He smote his breast.

"Do you wish to put it in the window?"

"Yes, seh."

"For sale?"

M. Raoul Innerarity hesitated a moment before replying:

"'Sieur Frowenfel', I think it is a foolishness to be too proud, eh? I want you to say, 'My frien', 'Sieur Innerarity, never care to sell anything; 'tis for egs-hibby-shun'; mais--when somebody look at it, so," the artist cast upon his work a look of languishing covetousness, "'you say, foudre tonnerre! what de dev'!--I take dat ris-pon-sibble-ty--you can have her for two hun'red fifty dollah!' Better not be too proud, eh, 'Sieur Frowenfel'?"

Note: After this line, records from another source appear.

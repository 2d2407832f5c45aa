-- ===== src/Chain/Process/Linked.antt =====
-- The headers of the store are linked: each is one height above its predecessor, which is in the store.
use mathlib.Core.Path.{subst}
use vcash.Prelude.{
  find, ℕ, zero, suc, ◌+◌, ◌<◌, ◌≡◌, refl, sym, ap, ◌∙◌, ◌⊎◌, inl, inr, Bool, true, false, not,
  ◌&&◌, List, [], ◌∷◌, All, last, Result, ok, ◌>>=◌, ltb, ◌==◌, ==→eq, ltb→lt, not_ltb→le, lt→ltb,
  u64_mod, arith, Bool-cases, Option, none, some,
}
use vcash.Consensus.Params.{ChainType}
use vcash.Chain.Types.{
  BlockHeader, Block, Tip, ChainError, Batch, Env, Context, or_not_found, from_header, save_block,
}
use vcash.Chain.Header.{or_orphan, validate_header}
use vcash.Chain.Header.Valid.{validate_header-IsNext}
use vcash.Chain.Fork.{header_head, extending, rewind_and_apply_header_fork, fork_loop}
use vcash.Chain.Process.{
  seen_header, add_block_header, process_block_header, validate_block, extend_block, set_tail,
  store_block, admit_block, process_block, store_headers, sync_to, sync_block_headers,
}
use vcash.Chain.Process.Head.{
  IsHeaderStep, process_block_header-IsHeaderStep, then_try-either, after-either, extending-IsSame,
  extend_block-IsSame, header_extending-batch,
}

module _ (env : Env) where
  abbrev pub parent : BlockHeader → List BlockHeader → Option BlockHeader
  parent x all = find (λ (y : BlockHeader). env.hash y == x.prev_hash) all

  -- A header of height 0, or one with a predecessor among the headers, one height below.
  abbrev pub IsLinkedTo : List BlockHeader → BlockHeader → Type 0
  IsLinkedTo all x =
      (x.height < u64_mod)
      × ((x.height ≡ 0)
          ⊎ ((p : BlockHeader) × ((parent x all ≡ some p) × (x.height ≡ suc p.height))))

  unfoldable pub IsLinked : List BlockHeader → Type 0
  IsLinked all = All (IsLinkedTo all) all

  find-All {κ} :
      (P : BlockHeader → Type κ) (test : BlockHeader → Bool) (p : BlockHeader)
      (all : List BlockHeader)
      → find test all ≡ some p
      → All P all
      → (test p ≡ true) × P p
  find-All P test p [] e ps = absurd (cc)
  find-All P test p (x ∷ xs) e (q, ps) = elim (Bool-cases (test x)) [
    | inl t ↦
        let found : some x ≡ some p = rw t at e in
        let same : x ≡ p = cc in (ap test (sym same) ∙ t, subst P same q)
    | inr f ↦ find-All P test p xs (rw f at e) ps
  ]

  module _
      (collision_free : (x y : BlockHeader) → env.hash x ≡ env.hash y → x.height ≡ y.height) where
    unit_All : (all : List BlockHeader) → All (λ _. Unit {0}) all
    unit_All [] = tt
    unit_All (x ∷ xs) = (tt, unit_All xs)

    -- A new header may take the place of a predecessor, but not at another height.
    linked_after :
        (h : BlockHeader) (all : List BlockHeader) (x : BlockHeader)
        → IsLinkedTo all x
        → IsLinkedTo (h ∷ all) x
    linked_after h all x (fits, inl z) = (fits, inl z)
    linked_after h all x (fits, inr (p, (e, up))) = elim (Bool-cases (env.hash h == x.prev_hash)) [
      | inl t ↦
          let (hit, u) =
            find-All (λ _. Unit {0}) (λ y. env.hash y == x.prev_hash) p all e (unit_All all) in
          let level =
            collision_free h p
              (==→eq (env.hash h) x.prev_hash t ∙ sym (==→eq (env.hash p) x.prev_hash hit)) in
          (fits, inr (h, (rw t refl, omega (arith, up, level))))
      | inr f ↦ (fits, inr (p, (rw f e, up)))
    ]

    link_each :
        (h : BlockHeader) (all xs : List BlockHeader)
        → All (IsLinkedTo all) xs
        → All (IsLinkedTo (h ∷ all)) xs
    link_each h all [] ps = tt
    link_each h all (x ∷ xs) (p, ps) = (linked_after h all x p, link_each h all xs ps)

    with_header :
        (h : BlockHeader) (all : List BlockHeader)
        → IsLinkedTo all h
        → IsLinked all
        → IsLinked (h ∷ all)
    unfolding IsLinked
    with_header h all l ps = (linked_after h all h l, link_each h all all ps)

    or_orphan-ok :
        (chain : ChainType) (o : Option BlockHeader) (p : BlockHeader)
        → or_orphan chain env (or_not_found o) ≡ ok p
        → o ≡ some p
    or_orphan-ok chain none p e = absurd (cc)
    or_orphan-ok chain (some x) p e = let same : x ≡ p = cc in ap some same

    valid_linked :
        (chain : ChainType) (header : BlockHeader) (c : Context env)
        → validate_header chain env header c ≡ ok tt
        → IsLinked c.batch.headers
        → IsLinkedTo c.batch.headers header
    unfolding IsLinked
    valid_linked chain header c e linked =
        let (prev, (found, (next, mined))) = validate_header-IsNext chain env header c e in
        let hit = or_orphan-ok chain (parent header c.batch.headers) prev found in
        let (t, (small, rest)) =
          find-All (IsLinkedTo c.batch.headers) _ prev c.batch.headers hit linked in
        elim (Bool-cases (ltb (prev.height + 1) u64_mod)) [
          | inl fits ↦ (
            omega (arith, next.height, ltb→lt (prev.height + 1) u64_mod fits),
            inr (prev, (hit, omega (arith, next.height, ltb→lt (prev.height + 1) u64_mod fits))),
          )
          | inr over ↦ (
            omega (arith, next.height, small, not_ltb→le (prev.height + 1) u64_mod over),
            inl (omega (arith, next.height, small, not_ltb→le (prev.height + 1) u64_mod over)),
          )
        ]

    header_step-IsLinked :
        (chain : ChainType) (header : BlockHeader) (b b' : Batch)
        → IsHeaderStep chain env header b b'
        → IsLinked b.headers
        → IsLinked b'.headers
    header_step-IsLinked chain header b b' step linked = elim (step.headers) [
      | inl same ↦ subst IsLinked (sym same) linked
      | inr saved ↦
          let here = subst IsLinked (sym saved.same) linked in
          let to =
            subst (λ l. IsLinkedTo l header) saved.same
              (valid_linked chain header saved.context saved.valid here) in
          subst IsLinked (sym saved.headers) (with_header header b.headers to linked)
    ]

    module _ (chain : ChainType) where
      LinkedAfter : {A : Type 0} → Result ChainError A × Context env → Type 0
      LinkedAfter r = IsLinked r.1.batch.headers

      store_block-headers :
          (b : Block) (tip : Tip) (c : Context env)
          → (store_block chain env b tip c).1.batch.headers ≡ c.batch.headers
      store_block-headers b tip c =
          let kept =
            set_tail-headers (from_header env b.header) (save_block env b c.batch)
              c.batch.tail_tip in
          elim (Bool-cases (ltb tip.height b.header.height)) [
            | inl higher ↦ rw higher kept
            | inr lower ↦ rw lower kept
          ]
        where
          set_tail-headers :
              (tip : Tip) (batch : Batch) (o : Option Tip)
              → (set_tail chain env tip batch o).headers ≡ batch.headers
          set_tail-headers tip batch none = refl
          set_tail-headers tip batch (some t) = refl

      process_block-linked :
          (b : Block) (c : Context env)
          → IsLinked c.batch.headers
          → LinkedAfter (process_block chain env b c)
      unfolding process_block LinkedAfter
      process_block-linked b c linked =
          then_try-either env LinkedAfter (admit_block chain env b c) _ c (λ e. linked)
            (λ a e.
              let x = process_block_header chain env b.header c in
              let here =
                header_step-IsLinked chain b.header c.batch x.1.batch
                  (process_block_header-IsHeaderStep chain env b.header c) linked in
              after-either env LinkedAfter x _ (λ e. here)
                (λ u.
                  let c1 = x.1 in
                  then_try-either env LinkedAfter (validate_block chain env b c1) _ c1 (λ e. here)
                    (λ v f.
                      let y = extending env (extend_block chain env b a.1) c1 in
                      let kept =
                        (extending-IsSame env (extend_block chain env b a.1) c1
                          (extend_block-IsSame chain env b a.1)).headers in
                      let there = subst IsLinked (sym kept) here in
                      after-either env LinkedAfter y _ (λ e. there)
                        (λ w. subst IsLinked (sym (store_block-headers b a.0 y.1)) there))))

      store_headers-linked :
          (headers : List BlockHeader) (c : Context env)
          → IsLinked c.batch.headers
          → LinkedAfter (store_headers chain env headers c)
      unfolding store_headers LinkedAfter
      store_headers-linked [] c linked = linked
      store_headers-linked (header ∷ headers) c linked =
          then_try-either env LinkedAfter (validate_header chain env header c) _ c (λ e. linked)
            (λ u valid. store_headers-linked headers (add_block_header chain env header c) (
              with_header header c.batch.headers (valid_linked chain header c valid linked) linked))

      sync_block_headers-linked :
          (headers : List BlockHeader) (c : Context env)
          → IsLinked c.batch.headers
          → LinkedAfter (sync_block_headers chain env headers c)
      unfolding sync_block_headers LinkedAfter
      sync_block_headers-linked headers c linked = synced (last headers)
        where
          synced :
              (o : Option BlockHeader)
              → LinkedAfter (elim o as (λ _. Result ChainError (Unit {0}) × Context env) [
                | none ↦ (ok tt, c)
                | some last_header ↦ sync_to chain env headers last_header c
              ])
          synced none = linked
          synced (some l) =
              then_try-either env LinkedAfter (header_head env c) _ c (λ e. linked)
                (λ tip e. elim (Bool-cases (seen_header chain env l tip c.batch)) [
                  | inl seen ↦ rw seen linked
                  | inr unseen ↦
                      let x = store_headers chain env headers c in
                      let there = store_headers-linked headers c linked in
                      rw unseen (
                        after-either env LinkedAfter x _ (λ e. there)
                          (λ u.
                            subst IsLinked
                              (sym (
                                ap (λ (y : Batch). y.headers)
                                  (header_extending-batch env
                                    (λ h batch. rewind_and_apply_header_fork env l batch h >>= λ h'.
                                      ok (h', false))
                                    x.1)))
                              there))
                ])

      -- The headers of the store stay linked, whatever block, header or chunk of headers is processed and
      -- whether it is accepted or not; if headers of one hash have one height.
      pub process-IsLinked :
          (b : Block) (header : BlockHeader) (headers : List BlockHeader) (c : Context env)
          → IsLinked c.batch.headers
          → IsLinked (process_block chain env b c).1.batch.headers
            × (IsLinked (process_block_header chain env header c).1.batch.headers
                × IsLinked (sync_block_headers chain env headers c).1.batch.headers)
      unfolding LinkedAfter
      process-IsLinked b header headers c linked = (
        process_block-linked b c linked,
        (
          header_step-IsLinked chain header c.batch
              (process_block_header chain env header c).1.batch
              (process_block_header-IsHeaderStep chain env header c) linked,
          sync_block_headers-linked headers c linked,
        ),
      )

  -- Where a walk back ends: at height 0, or on the current chain.
  abbrev pub IsForkPoint : Batch → env.H → BlockHeader → Type 0
  IsForkPoint batch h x = (x.height ≡ 0) ⊎ (env.is_on_current_chain x batch h ≡ true)

  fork_point :
      (height : ℕ) (on : Bool) → (ltb 0 height && not on) ≡ false → (height ≡ 0) ⊎ (on ≡ true)
  fork_point height true e = inr refl
  fork_point zero false e = inl refl
  fork_point (suc n) false e =
      let up : ltb 0 (suc n) ≡ true = lt→ltb 0 (suc n) (omega arith) in
      let clash : true ≡ false = rw up at e in absurd (cc)

  and_cases : (a b : Bool) → (a && b) ≡ true → a ≡ true
  and_cases true b e = refl
  and_cases false b e = absurd (cc)

  fork_loop-ends :
      (fuel : ℕ) (current : BlockHeader) (hashes : List ℕ) (batch : Batch) (h : env.H)
      → current.height < fuel
      → IsLinkedTo batch.headers current
      → IsLinked batch.headers
      → (r : BlockHeader × List ℕ) × ((fork_loop env fuel current hashes batch h ≡ ok r)
          × IsForkPoint batch h r.0)
  unfolding fork_loop IsLinked
  fork_loop-ends zero current hashes batch h lt l linked = absurd (omega arith)
  fork_loop-ends (suc fuel) current hashes batch h lt (fits, l) linked =
      elim (Bool-cases (ltb 0 current.height && not (env.is_on_current_chain current batch h))) [
        | inl back ↦ elim l [
          | inl z ↦ absurd (omega (arith, ltb→lt 0 current.height (and_cases _ _ back)))
          | inr (p, (e, up)) ↦
              let (t, to) = find-All (IsLinkedTo batch.headers) _ p batch.headers e linked in
              let (r, (f, point)) =
                fork_loop-ends fuel p (env.hash current ∷ hashes) batch h (omega (arith, up)) to
                  linked in
              (r, (rw (back, e) f, point))
        ]
        | inr done ↦ (
          (current, hashes),
          (rw done refl, fork_point current.height (env.is_on_current_chain current batch h) done),
        )
      ]

  -- In a linked store, the walk back from a linked header ends within its height and one rounds, at a
  -- header of height 0 or one on the current chain.
  pub fork_loop-IsForkPoint :
      (current : BlockHeader) (hashes : List ℕ) (batch : Batch) (h : env.H)
      → IsLinkedTo batch.headers current
      → IsLinked batch.headers
      → (r : BlockHeader × List ℕ) × ((fork_loop env (suc current.height) current hashes batch h
            ≡ ok r)
          × IsForkPoint batch h r.0)
  fork_loop-IsForkPoint current hashes batch h l linked =
      fork_loop-ends (suc current.height) current hashes batch h (omega arith) l linked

"No, sir," said Joseph, proceeding to place it in the window, his new friend following him about spanielwise; "but you had better let me say plainly that it is for sale."

"Oh--I don't care--mais--my rillation' will never forgive me! Mais--go-ahead-I-don't-care! 'T is for sale."

"'Sieur Frowenfel'," he resumed, as they came away from the window, "one week ago"--he held up one finger--"what I was doing? Makin' bill of ladin', my faith!--for my cousin Honoré! an' now, I ham a hartis'! So soon I foun' dat, I say, 'Cousin Honoré,'"--the eloquent speaker lifted his foot and administered to the empty air a soft, polite kick--"I never goin' to do anoder lick o' work so long I live; adieu!"

He lifted a kiss from his lips and wafted it in the direction of his cousin's office.